I also think I had previously made some disparaging remarks about operations work when I had been on a previous study, and a manager who worked with me on that study, was actually a manager in this new office. I suspect he told the other consultants of my views.

I know it bothered him because he brought it up at lunch in front of the other consultants. All hope of becoming popular in that new office dissipated after this scene.

I would say the office partner also saw me as a bit of a wildcard. I suspect, he had heard of some of my great work in energy but felt I was an unknown quantity. In my previous office, I would be called on to provide input on various client issues.

In this office, I was not even invited to any planning meetings. Now, it is very unusual for an consultants to be invited to client planning sessions at all, but since I had proven myself before, that privilege was sometimes extended to me on clients where I had worked previously.

In fact, I was previously involved in all discussions when we were dealing with the COO for a major client. In this new office, where we dealt with the operating divisions of the same client, I was not invited.

In fact, the one meeting I did ask to attend – basically forced myself in it -I was pretty much ignored and rather than work with a team which did not want me I drifted around the office. So there I was, with a background in energy and the energy team did not want me.

Clearly I had a lot of time on my hands.

So, along comes this unusual request from the government agency running the energy sector.

Context

The problem was actually quite simple. During peak travel periods like Easter, Christmas and Spring break, the gasoline stations in cities far away from the refineries would run out of gasoline.

This was having a dramatic ripple effect on growth. Consumer vacation and consumer spending were down. Travel in the core business districts were also down as cars were lining up for blocks to collect gasoline. Aviation travel was down due to flight cancellations driven my delays in fuel, or a spike in fuel prices that made tickers more expensive.

Investor sentiment was down since the belief was that the countries infrastructure could not manage the growth.

Fuel supply issues were allegedly impacting the country’s image and growth.

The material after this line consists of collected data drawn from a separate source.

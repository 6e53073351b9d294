-- ===== src/Payments/Gateway/Paid.antt =====
-- What the operations with the payment gateway may do to the payments.
use mathlib.Core.Path.{subst}
use drip_marketplace.Prelude.{
  ℕ, ◌≡◌, refl, sym, ap, ◌∙◌, ◌⊎◌, inl, inr, true, false, Option, none, some, List, arith, ◌==◌,
  Bool-cases, Option-cases, ==→eq, if◌then◌else◌,
}
use drip_marketplace.Db.{
  Db, Text, Order, Payment, lookup, insert, modify, lookup-insert, lookup-modify,
}
use drip_marketplace.Texts.{is_blank}
use drip_marketplace.Payments.Gateway.{
  Reply, Gateway, Outcome, reply_outcome, text_of, money_matches,
}
use drip_marketplace.Payments.Gateway.Reconcile.{PaymentRow, is_paid, awaits_payment}

abbrev pub reference_of : Option Payment → Option Text
reference_of none = none
reference_of (some p) = p.gateway_reference

abbrev pub reference_at : ℕ → List PaymentRow → Option Text
reference_at k t = reference_of (lookup k t)

-- No two payments have the same reference of the gateway.
abbrev pub HasUniqueReferences : List PaymentRow → Type 0
HasUniqueReferences t =
    (j k : ℕ) (r : Text) → reference_at j t ≡ some r → reference_at k t ≡ some r → j ≡ k

-- A payment keeps its terms, and once it is paid it does not change.
pub record PaymentFollows (p q : Payment) : Type 0 where
  pub amount : q.amount ≡ p.amount
  pub currency : q.currency ≡ p.currency
  pub paid : is_paid p.status ≡ true → q ≡ p

pub PaymentFollows-refl : (p : Payment) → PaymentFollows p p
PaymentFollows-refl p = record { amount = refl; currency = refl; paid = λ _. refl }

abbrev pub PaymentsFollow : List PaymentRow → List PaymentRow → Type 0
PaymentsFollow t u =
    (k : ℕ) (p : Payment)
    → lookup k t ≡ some p
    → (q : Payment) × (lookup k u ≡ some q) × PaymentFollows p q

PaymentFollows-trans :
    (p q r : Payment) → PaymentFollows p q → PaymentFollows q r → PaymentFollows p r
PaymentFollows-trans p q r f g = record {
  amount = g.amount ∙ f.amount;
  currency = g.currency ∙ f.currency;
  paid = λ e. g.paid (rw (f.paid e) e) ∙ f.paid e;
}

pub PaymentsFollow-trans :
    (t u v : List PaymentRow) → PaymentsFollow t u → PaymentsFollow u v → PaymentsFollow t v
PaymentsFollow-trans t u v f g k p found =
    let (q, there, a) = f k p found in
    let (r, last, b) = g k q there in (r, last, PaymentFollows-trans p q r a b)

-- Nothing is paid by this.
pub record Quiet (t u : List PaymentRow) : Type 0 where
  pub follow : PaymentsFollow t u
  pub paid :
      (k : ℕ) (q : Payment) → lookup k u ≡ some q → is_paid q.status ≡ true → lookup k t ≡ some q
  pub references : (k : ℕ) → reference_at k u ≡ reference_at k t

pub Quiet-refl : (t : List PaymentRow) → Quiet t t
Quiet-refl t = record {
  follow = λ k p found. (p, found, PaymentFollows-refl p);
  paid = λ k q found _. found;
  references = λ k. refl;
}

pub Quiet-trans : (t u v : List PaymentRow) → Quiet t u → Quiet u v → Quiet t v
Quiet-trans t u v f g = record {
  follow = PaymentsFollow-trans t u v f.follow g.follow;
  paid = λ k q found e. f.paid k q (g.paid k q found e) e;
  references = λ k. g.references k ∙ f.references k;
}

-- A change that leaves the terms and the reference, of a payment that is not paid before or after.
pub record IsQuietChange (p q : Payment) : Type 0 where
  pub amount : q.amount ≡ p.amount
  pub currency : q.currency ≡ p.currency
  pub reference : q.gateway_reference ≡ p.gateway_reference
  pub open_before : is_paid p.status ≡ false
  pub open_after : is_paid q.status ≡ false

IsQuietChange-Follows : (p q : Payment) → IsQuietChange p q → PaymentFollows p q
IsQuietChange-Follows p q c = record {
  amount = c.amount;
  currency = c.currency;
  paid = λ e. absurd (ground (arith, c.open_before, e));
}

module _ (id : ℕ) (f : Payment → Payment) (t : List PaymentRow) where
  modified_at :
      (p : Payment) (k : ℕ)
      → lookup k t ≡ some p
      → lookup k (modify id f t) ≡ some (if id == k then f p else p)
  modified_at p k found = ground (arith, lookup-modify id k f t, found)

  modified_none : (k : ℕ) → lookup k t ≡ none → lookup k (modify id f t) ≡ none
  modified_none k found = ground (arith, lookup-modify id k f t, found)

  -- Every payment that the change may meet is as described.
  module _ (c : (p : Payment) → lookup id t ≡ some p → IsQuietChange p (f p)) where
    change_at :
        (p : Payment) (k : ℕ) → lookup k t ≡ some p → (id == k) ≡ true → IsQuietChange p (f p)
    change_at p k found same = c p (subst (λ j. lookup j t ≡ some p) (sym (==→eq id k same)) found)

    pub Quiet-modify : Quiet t (modify id f t)
    Quiet-modify = record {
      follow = λ k p found. elim (Bool-cases (id == k)) [
        | inl same ↦ (
          f p,
          ground (arith, modified_at p k found, same),
          IsQuietChange-Follows p (f p) (change_at p k found same),
        )
        | inr apart ↦ (p, ground (arith, modified_at p k found, apart), PaymentFollows-refl p)
      ];
      paid = λ k q found e. elim (Option-cases (lookup k t)) [
        | inl missing ↦ absurd (ground (arith, modified_none k missing, found))
        | inr (p, there) ↦ elim (Bool-cases (id == k)) [
          | inl same ↦
              let eq : f p ≡ q = ground (arith, modified_at p k there, same, found) in
              absurd (
                ground (
                  arith,
                  (change_at p k there same).open_after,
                  subst (λ x. is_paid x.status ≡ true) (sym eq) e,
                ))
          | inr apart ↦ ground (arith, modified_at p k there, apart, found, there)
        ]
      ];
      references = λ k. elim (Option-cases (lookup k t)) [
        | inl missing ↦ rw (modified_none k missing, missing) refl
        | inr (p, there) ↦ elim (Bool-cases (id == k)) [
          | inl same ↦ rw (modified_at p k there, there, same) (change_at p k there same).reference
          | inr apart ↦ rw (modified_at p k there, there, apart) refl
        ]
      ];
    }

-- A new payment that has no reference and is not paid.
pub Quiet-insert :
    (id : ℕ) (v : Payment) (t : List PaymentRow)
    → lookup id t ≡ none
    → is_paid v.status ≡ false
    → v.gateway_reference ≡ none
    → Quiet t (insert id v t)
Quiet-insert id v t fresh unpaid blank = record {
  follow = λ k p found. elim (Bool-cases (id == k)) [
    | inl same ↦
        absurd (ground (arith, found, subst (λ j. lookup j t ≡ none) (==→eq id k same) fresh))
    | inr apart ↦ (p, ground (arith, lookup-insert id k v t, found, apart), PaymentFollows-refl p)
  ];
  paid = λ k q found e. elim (Bool-cases (id == k)) [
    | inl same ↦
        let eq : v ≡ q = ground (arith, lookup-insert id k v t, found, same) in
        absurd (ground (arith, unpaid, subst (λ x. is_paid x.status ≡ true) (sym eq) e))
    | inr apart ↦ ground (arith, lookup-insert id k v t, found, apart)
  ];
  references = λ k. elim (Bool-cases (id == k)) [
    | inl same ↦
        rw (lookup-insert id k v t, same, blank)
          (sym (ap reference_of (subst (λ j. lookup j t ≡ none) (==→eq id k same) fresh)))
    | inr apart ↦ rw (lookup-insert id k v t, apart) refl
  ];
}

-- The payment is paid by right: its order was waiting for it and costs what it is over, the gateway has said that
-- a transaction of this amount and currency is completed, and no other payment had its reference.
pub record IsProven (gateway : Gateway) (k : ℕ) (q : Payment) (db : Db) : Type 0 where
  pub order : Order
  pub found : lookup k db.orders ≡ some order
  pub awaiting : awaits_payment order.status ≡ true
  pub due : (q.amount == order.total) ≡ true
  pub reply : Reply
  pub asked : (basket : Text) × (transaction : Text) × (gateway basket transaction ≡ some reply)
  pub completed : reply_outcome reply ≡ Outcome.completed
  pub money : money_matches reply q.amount q.currency ≡ true
  pub reference : q.gateway_reference ≡ some (text_of reply.transaction_id)
  pub named : is_blank (text_of reply.transaction_id) ≡ false
  pub unowned : (j : ℕ) → reference_at j db.payments ≡ some (text_of reply.transaction_id) → j ≡ k

-- A payment that is paid was so before, or is paid by right.
pub record Gatewayed (gateway : Gateway) (db u : Db) : Type 0 where
  pub follow : PaymentsFollow db.payments u.payments
  pub proven :
      (k : ℕ) (q : Payment)
      → lookup k u.payments ≡ some q
      → is_paid q.status ≡ true
      → (lookup k db.payments ≡ some q) ⊎ IsProven gateway k q db
  pub unique : HasUniqueReferences db.payments → HasUniqueReferences u.payments

pub Quiet-HasUniqueReferences :
    (t u : List PaymentRow) → Quiet t u → HasUniqueReferences t → HasUniqueReferences u
Quiet-HasUniqueReferences t u f h j k r a b =
    h j k r (sym (f.references j) ∙ a) (sym (f.references k) ∙ b)

pub Quiet-Gatewayed :
    (gateway : Gateway) (db u : Db) → Quiet db.payments u.payments → Gatewayed gateway db u
Quiet-Gatewayed gateway db u f = record {
  follow = f.follow;
  proven = λ k q found e. inl (f.paid k q found e);
  unique = Quiet-HasUniqueReferences db.payments u.payments f;
}

pub Gatewayed-then :
    (gateway : Gateway) (db t u : Db)
    → Gatewayed gateway db t
    → Quiet t.payments u.payments
    → Gatewayed gateway db u
Gatewayed-then gateway db t u g f = record {
  follow = PaymentsFollow-trans db.payments t.payments u.payments g.follow f.follow;
  proven = λ k q found e. g.proven k q (f.paid k q found e) e;
  unique = λ h. Quiet-HasUniqueReferences t.payments u.payments f (g.unique h);
}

However, the problem had more to do with an energy strategy.

Public sector clients almost always have to tender for consulting studies. Procurement rules forbid them from simply appointing McKinsey for a study, unless there is an executive order to do so. Such orders tend to be rare, since the government can eventually be accused of favoritism or not obtaining the best deal for the public.

A government would rather avoid that since tender irregularities tend to be major news items and they are never flattering.

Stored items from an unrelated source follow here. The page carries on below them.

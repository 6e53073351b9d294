-- ===== src/Payments/Gateway/ByRight.antt =====
-- What a payment that is paid by right does to the others.
use mathlib.Core.Path.{subst}
use drip_marketplace.Prelude.{
  ℕ, ◌≡◌, sym, ap, ◌∙◌, ◌⊎◌, inl, inr, true, false, some, List, arith, ◌==◌, Bool-cases, ==→eq,
}
use drip_marketplace.Db.{Db, Text, Payment, lookup, modify, lookup-modify, lookup-modify_self}
use drip_marketplace.Payments.Gateway.{Gateway, text_of}
use drip_marketplace.Payments.Gateway.Reconcile.{PaymentRow, is_paid}
use drip_marketplace.Payments.Gateway.Paid.{
  reference_of, reference_at, HasUniqueReferences, PaymentsFollow, PaymentFollows,
  PaymentFollows-refl, IsProven, Gatewayed,
}

-- One payment is paid by right.
module _ (gateway : Gateway) (id : ℕ) (f : Payment → Payment) (p : Payment) (db : Db)
    (found : lookup id db.payments ≡ some p) (unpaid : is_paid p.status ≡ false)
    (same_amount : (f p).amount ≡ p.amount) (same_currency : (f p).currency ≡ p.currency)
    (proof : IsProven gateway id (f p) db) where
  abbrev after_pay : List PaymentRow
  after_pay = modify id f db.payments

  changed : (k : ℕ) → (id == k) ≡ true → lookup k after_pay ≡ some (f p)
  changed k same =
      subst (λ j. lookup j after_pay ≡ some (f p)) (==→eq id k same)
        (lookup-modify_self id f p db.payments found)

  unchanged : (k : ℕ) → (id == k) ≡ false → lookup k after_pay ≡ lookup k db.payments
  unchanged k apart = ground (arith, lookup-modify id k f db.payments)

  before_at : (k : ℕ) → (id == k) ≡ true → lookup k db.payments ≡ some p
  before_at k same = subst (λ j. lookup j db.payments ≡ some p) (==→eq id k same) found

  pay-PaymentsFollow : PaymentsFollow db.payments after_pay
  pay-PaymentsFollow k q there = elim (Bool-cases (id == k)) [
    | inr apart ↦ (q, unchanged k apart ∙ there, PaymentFollows-refl q)
    | inl same ↦
        let eq : p ≡ q = ground (arith, before_at k same, there) in
        (
          f p,
          changed k same,
          subst (λ x. PaymentFollows x (f p)) eq
              (record {
                amount = same_amount;
                currency = same_currency;
                paid = λ e. absurd (ground (arith, unpaid, e));
              }),
        )
  ]

  pay-IsProven :
      (k : ℕ) (q : Payment)
      → lookup k after_pay ≡ some q
      → is_paid q.status ≡ true
      → (lookup k db.payments ≡ some q) ⊎ IsProven gateway k q db
  pay-IsProven k q there e = elim (Bool-cases (id == k)) [
    | inr apart ↦ inl (sym (unchanged k apart) ∙ there)
    | inl same ↦
        let eq : f p ≡ q = ground (arith, changed k same, there) in
        inr (
          subst (λ j. IsProven gateway j q db) (==→eq id k same)
            (subst (λ x. IsProven gateway id x db) eq proof))
  ]

  -- Whoever has the new reference now is this payment.
  is_new_owner :
      (j : ℕ) → reference_at j after_pay ≡ some (text_of proof.reply.transaction_id) → id ≡ j
  is_new_owner j e = elim (Bool-cases (id == j)) [
    | inl same ↦ ==→eq id j same
    | inr apart ↦ sym (proof.unowned j (sym (ap reference_of (unchanged j apart)) ∙ e))
  ]

  new_reference :
      (j : ℕ) (r : Text)
      → (id == j) ≡ true
      → reference_at j after_pay ≡ some r
      → text_of proof.reply.transaction_id ≡ r
  new_reference j r same e = ground (arith, proof.reference, ap reference_of (changed j same), e)

  pay-HasUniqueReferences : HasUniqueReferences db.payments → HasUniqueReferences after_pay
  pay-HasUniqueReferences h j k r a b = elim (Bool-cases (id == j)) [
    | inl first ↦
        sym (==→eq id j first)
        ∙ is_new_owner k
            (subst (λ x. reference_at k after_pay ≡ some x) (sym (new_reference j r first a)) b)
    | inr apart ↦ elim (Bool-cases (id == k)) [
      | inl second ↦
          sym (
            is_new_owner j
              (subst (λ x. reference_at j after_pay ≡ some x) (sym (new_reference k r second b)) a))
          ∙ ==→eq id k second
      | inr others ↦
          h j k r (sym (ap reference_of (unchanged j apart)) ∙ a)
            (sym (ap reference_of (unchanged k others)) ∙ b)
    ]
  ]

  pub pay-Gatewayed : (u : Db) → u.payments ≡ after_pay → Gatewayed gateway db u
  pay-Gatewayed u same = record {
    follow = rw same pay-PaymentsFollow;
    proven = λ k q there. pay-IsProven k q (ap (lookup k) (sym same) ∙ there);
    unique = λ h. rw same (pay-HasUniqueReferences h);
  }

This study was the same. We were not the preferred consulting firm and it would go to a tender. I believe Bain was the preferred firm for the study.

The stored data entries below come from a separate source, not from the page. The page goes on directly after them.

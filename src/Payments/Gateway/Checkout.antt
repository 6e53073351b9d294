-- ===== src/Payments/Gateway/Checkout.antt =====
-- Online payments begin (`initiate` and `_start_payfast` of
-- services/payment_service.py). `_start_payfast` commits its claim before it asks the gateway for a token, and
-- what follows the token is an operation of its own, so that others may come in between.
use drip_marketplace.Prelude.{
  ℕ, ◌+◌, Bool, true, false, not, ◌&&◌, ◌||◌, Option, none, some, [], ◌∷◌, ◌==◌, is_some,
  if◌then◌else◌,
}
use drip_marketplace.Db.{
  Tx, Error, pure, raise_if, gets, modify_db, or_raise, ◌>>=◌, ◌>>◌, Db, Text, Order, OrderStatus,
  PaymentMethod, Payment, PaymentStatus, PaymentAttempt, AttemptState, lookup, insert, modify,
  historical_method, not_awaiting_payment, already_paid, payment_mismatch, payment_unresolved,
  gateway_unavailable, initiation_overtaken, not_found_payment, attempt_unavailable,
}
use drip_marketplace.Texts.{same_text}
use drip_marketplace.Orders.{authorized_order}
use drip_marketplace.Orders.Place.{is_payfast}
use drip_marketplace.Orders.Expiry.{is_cod}
use drip_marketplace.Payments.{pkr}
use drip_marketplace.Payments.Collection.{cod, is_pending}
use drip_marketplace.Payments.Gateway.Reconcile.{
  payfast, attempt_of, is_paid, awaits_payment, write_attempt,
}

-- What is answered, or what is raised after a commit.
pub data Answer (A : Type 0) : Type 0 where
  done : A → Answer A
  raised : Error → Answer A

-- "jazzcash", "easypaisa" and "card"
abbrev pub method_text : PaymentMethod → Text
method_text PaymentMethod.payfast = payfast
method_text PaymentMethod.cod = cod
method_text PaymentMethod.jazzcash = 106 ∷ 97 ∷ 122 ∷ 122 ∷ 99 ∷ 97 ∷ 115 ∷ 104 ∷ []
method_text PaymentMethod.easypaisa = 101 ∷ 97 ∷ 115 ∷ 121 ∷ 112 ∷ 97 ∷ 105 ∷ 115 ∷ 97 ∷ []
method_text PaymentMethod.card = 99 ∷ 97 ∷ 114 ∷ 100 ∷ []

abbrev pub is_payable : OrderStatus → Bool
is_payable OrderStatus.pending_payment = true
is_payable OrderStatus.pending_cod_verification = true
is_payable _ = false

abbrev pub is_paid_row : Option Payment → Bool
is_paid_row none = false
is_paid_row (some payment) = is_paid payment.status

abbrev pub new_payment : Order → Payment
new_payment order = record {
  status = PaymentStatus.pending;
  amount = order.total;
  currency = pkr;
  method = method_text order.payment_method;
  gateway_reference = none;
  paid_at = none;
}

abbrev pub payment_or_new : Order → Option Payment → Payment
payment_or_new order none = new_payment order
payment_or_new order (some payment) = payment

-- `if payment is None: payment = await self.payment_repo.create(...)`
abbrev pub create_payment : ℕ → Order → Option Payment → Tx (Unit {0})
create_payment order_id order (some payment) = pure tt
create_payment order_id order none =
    modify_db (λ db. record db { payments = insert order_id (new_payment order) db.payments })

abbrev pub pending_payment : Payment → Payment
pending_payment payment = record payment { status = PaymentStatus.pending }

abbrev pub new_attempt : ℕ → PaymentAttempt
new_attempt payment_id = record {
  payment_id = payment_id;
  state = AttemptState.starting;
  transaction_id = none;
  is_verified = false;
}

-- The claim, under the next identifier.
abbrev pub store_claim : ℕ → Text → Db → Db
store_claim order_id address db = record db {
  attempts = insert db.next_id (new_attempt order_id) db.attempts;
  payloads =
      insert order_id (record { active_attempt = some db.next_id; customer_ip = address })
        db.payloads;
  payments = modify order_id pending_payment db.payments;
  next_id = db.next_id + 1;
}

-- `_start_payfast`, up to its first commit; the answer is the attempt.
unfoldable pub start_payfast : ℕ → Text → Tx ℕ
start_payfast order_id address = do
  attempt_id ← gets (λ db. db.next_id)
  modify_db (store_claim order_id address)
  pure attempt_id

-- The online part of `initiate`; `gateway_open` tells that the gateway is configured and enabled.
abbrev pub start_online : ℕ → Text → Bool → Payment → Tx (Option ℕ)
start_online order_id address gateway_open payment = do
  raise_if (not gateway_open) gateway_unavailable
  payload ← gets (λ db. lookup order_id db.payloads)
  raise_if (not (is_pending payment.status) || is_some payload) payment_unresolved
  attempt_id ← start_payfast order_id address
  pure (some attempt_id)

-- The answer is the attempt of an online payment, and none for cash.
unfoldable pub initiate : ℕ → Option ℕ → Option Bool → Text → Bool → Tx (Option ℕ)
initiate order_id user_id guest_token address gateway_open = do
  order ← authorized_order order_id user_id guest_token
  raise_if (not (is_payfast order.payment_method) && not (is_cod order.payment_method))
      historical_method
  raise_if (not (is_payable order.status)) not_awaiting_payment
  row ← gets (λ db. lookup order_id db.payments)
  raise_if (is_paid_row row) already_paid
  create_payment order_id order row
  raise_if
      (not ((payment_or_new order row).amount == order.total)
        || not (same_text (payment_or_new order row).method (method_text order.payment_method)))
      payment_mismatch
  if is_cod order.payment_method
      then pure none
      else start_online order_id address gateway_open (payment_or_new order row)

abbrev pub is_starting : AttemptState → Bool
is_starting AttemptState.starting = true
is_starting _ = false

abbrev pub is_attempt : ℕ → Option ℕ → Bool
is_attempt attempt_id none = false
is_attempt attempt_id (some id) = id == attempt_id

abbrev pub ready_attempt : PaymentAttempt → PaymentAttempt
ready_attempt attempt = record attempt { state = AttemptState.ready }

-- `_start_payfast`, after the gateway's answer; `has_token` tells whether that was a token.
unfoldable pub finish_start : ℕ → Option ℕ → Option Bool → ℕ → Bool → Tx (Unit {0})
finish_start order_id user_id guest_token attempt_id has_token = do
  raise_if (not has_token) gateway_unavailable
  order ← authorized_order order_id user_id guest_token
  payment_row ← gets (λ db. lookup order_id db.payments)
  payment ← or_raise payment_row not_found_payment
  attempt_row ← gets (λ db. lookup attempt_id db.attempts)
  attempt ← or_raise attempt_row attempt_unavailable
  active ← gets (λ db. attempt_of (lookup order_id db.payloads))
  raise_if
      (not (awaits_payment order.status)
        || (not (is_pending payment.status)
            || (not (is_attempt attempt_id active) || not (is_starting attempt.state))))
      initiation_overtaken
  modify_db (write_attempt attempt_id ready_attempt)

So it was going to be a long shot. The reason we were not the preferred firm was rather easy to understand. There were two main reasons.

First, the government agency running this ministry used an advisory council consisting of the CEO’s of the major energy companies. Bain had done work for most of these companies and their CEOs wanted Bain to get the work.

Their main reason was that Bain already had access to the data and the CEOs saw no reason to give their data to yet another consulting firm. At least, that is what I can assume.

Second, the partner running the office had used a rather unusual strategy to try and bolster our presence in the energy sector. He had hired a number of ex-CEO’s of the energy companies. This created a lot of problems.

These retired executives were rather abrasive and disparaging of the government and its policies and I felt the partner did not contain them. He allowed them to voice their opinions, not realizing they represented the firm at times.

These former CEOs also have a very adversarial relationship with the new CEOs. Some of the former CEOs had been forced out and this bitterness was definitely showing through. Then, as I do now, do not believe advisory councils should have a client-facing role.

While advisory councils in consulting firms bring some value in helping us understand issues and sectors, they are not vetted to the firm’s standards and should be given the responsibility of building our relationships among clients. That is the role of a partner.

Client team

How did I arrive on this effort to go after this client and the energy strategy study?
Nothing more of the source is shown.